EOS imaging, the pioneer of 2D/3D imaging and data solutions for orthopedics, today announced it has received 510(k) clearance from the FDA for its hipEOS 3.0 surgical planning software.

hipEOS 3.0 is the latest generation of the surgical planning software for total hip arthroplasty (THA) and is part of the EOSapps suite of online 3D surgical planning solutions (spineEOS, hipEOS, kneeEOS). The EOSapps, based on unbiased, weight-bearing EOS images and an accurate 2D/3D patient-specific data set, automatically select and best-position implants in 3D, enabling surgeons to identify patient risks and develop customized plans based on each patient’s unique 3D anatomy. Specifically, hipEOS 3.0 simulates the patient’s hip range of motion based on EOS functional standing and seated exams allowing physicians to visualize and anticipate impingement and dislocation risks based on the position of the implant components.

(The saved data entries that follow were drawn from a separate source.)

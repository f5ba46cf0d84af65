-- ===== src/Paper/Tables.antt =====
-- packages/paper_trading/broker.py and packages/database/models.py: the rows of the paper accounts,
-- and the broker's results and errors. A row is what the session holds, with the values that were
-- written; Columns.antt says what its columns keep of them.
use mytradingsystem.Domain.{OrderStatus, OrderType, Side}
use mytradingsystem.Backtesting.Costs.{CostError}
use mytradingsystem.Base.{Bool, ℕ, ℤ, List, String, Dict}

pub data PaperError : Type 0 where
  negative_slippage nonpositive_cash different_capital not_a_market_order foreign_decision :
      PaperError
  no_risk_approval bad_approved_quantity nonpositive_price naive_time no_ledger : PaperError
  cost_error : CostError → PaperError
  price_required : ℕ → PaperError

pub record PaperOrder : Type 0 where
  pub order_id : ℕ
  pub account_id : ℕ
  pub instrument_id : ℕ
  pub intent_id : ℕ
  pub risk_decision_id : ℕ
  pub idempotency_key : String
  pub side : Side
  pub order_type : OrderType
  pub status : OrderStatus
  pub quantity : ℤ
  pub filled_quantity : ℤ
  pub average_price : ℤ
  pub charges : ℤ
  pub filled_at : ℕ

pub record PaperFill : Type 0 where
  pub fill_order_id : ℕ
  pub fill_quantity : ℤ
  pub price : ℤ
  pub fill_charges : ℤ
  pub fill_time : ℕ

pub record PaperOrderEvent : Type 0 where
  pub event_order_id : ℕ
  pub occurred_at : ℕ
  pub event_status : OrderStatus
  pub event_decision_id : ℕ

pub record Position : Type 0 where
  pub quantity : ℤ
  pub average_price : ℤ
  pub realized_pnl : ℤ

pub record Ledger : Type 0 where
  pub initial_cash : ℤ
  pub cash_balance : ℤ
  pub peak_equity : ℤ

pub record PnlSnapshot : Type 0 where
  pub account_id : ℕ
  pub occurred_at : ℕ
  pub cash : ℤ
  pub equity : ℤ
  pub realized_pnl : ℤ
  pub unrealized_pnl : ℤ
  pub gross_exposure : ℤ
  pub net_exposure : ℤ
  pub drawdown : ℤ

-- Positions are unique by account and instrument, ledgers by account.
pub record Tables : Type 0 where
  pub orders : List PaperOrder
  pub fills : List PaperFill
  pub order_events : List PaperOrderEvent
  pub positions : Dict (ℕ × ℕ) Position
  pub ledgers : Dict ℕ Ledger
  pub snapshots : List PnlSnapshot

pub record Execution : Type 0 where
  pub order_id : ℕ
  pub status : OrderStatus
  pub filled_quantity : ℤ
  pub average_price : ℤ
  pub charges : ℤ
  pub duplicate : Bool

“The EOS platform combines efficient full body, low dose biplanar imaging with online 3D EOSapps that allow physicians to simulate, plan and control post-operative results,” says Marie Meynadier, CEO of EOS imaging. “In addition to providing improved tools for selecting and positioning implants, our EOSapps make it easier for surgeons to engage with and educate patients by showing their treatment plan in a user-friendly 3D environment. With this new clearance, we are thrilled to offer a solution that can help surgeons identify patients at risk, use 3D data to plan a customized treatment to mitigate these risks, and ultimately improve outcomes.”

When the hipEOS solution is utilized, the software offers an initial plan for the size and position of the implant components based on the patient’s 3D data and anatomical model. The plan can be further adjusted by the physician with immediate feedback on how changes affect relevant clinical parameters. With the patient-specific data from full body, weight-bearing 2D/3D EOS images, hipEOS can be used to anticipate and better plan for the outcome of the surgical strategy, including leg length discrepancies, femoral offset and torsion, as well as hip mobility.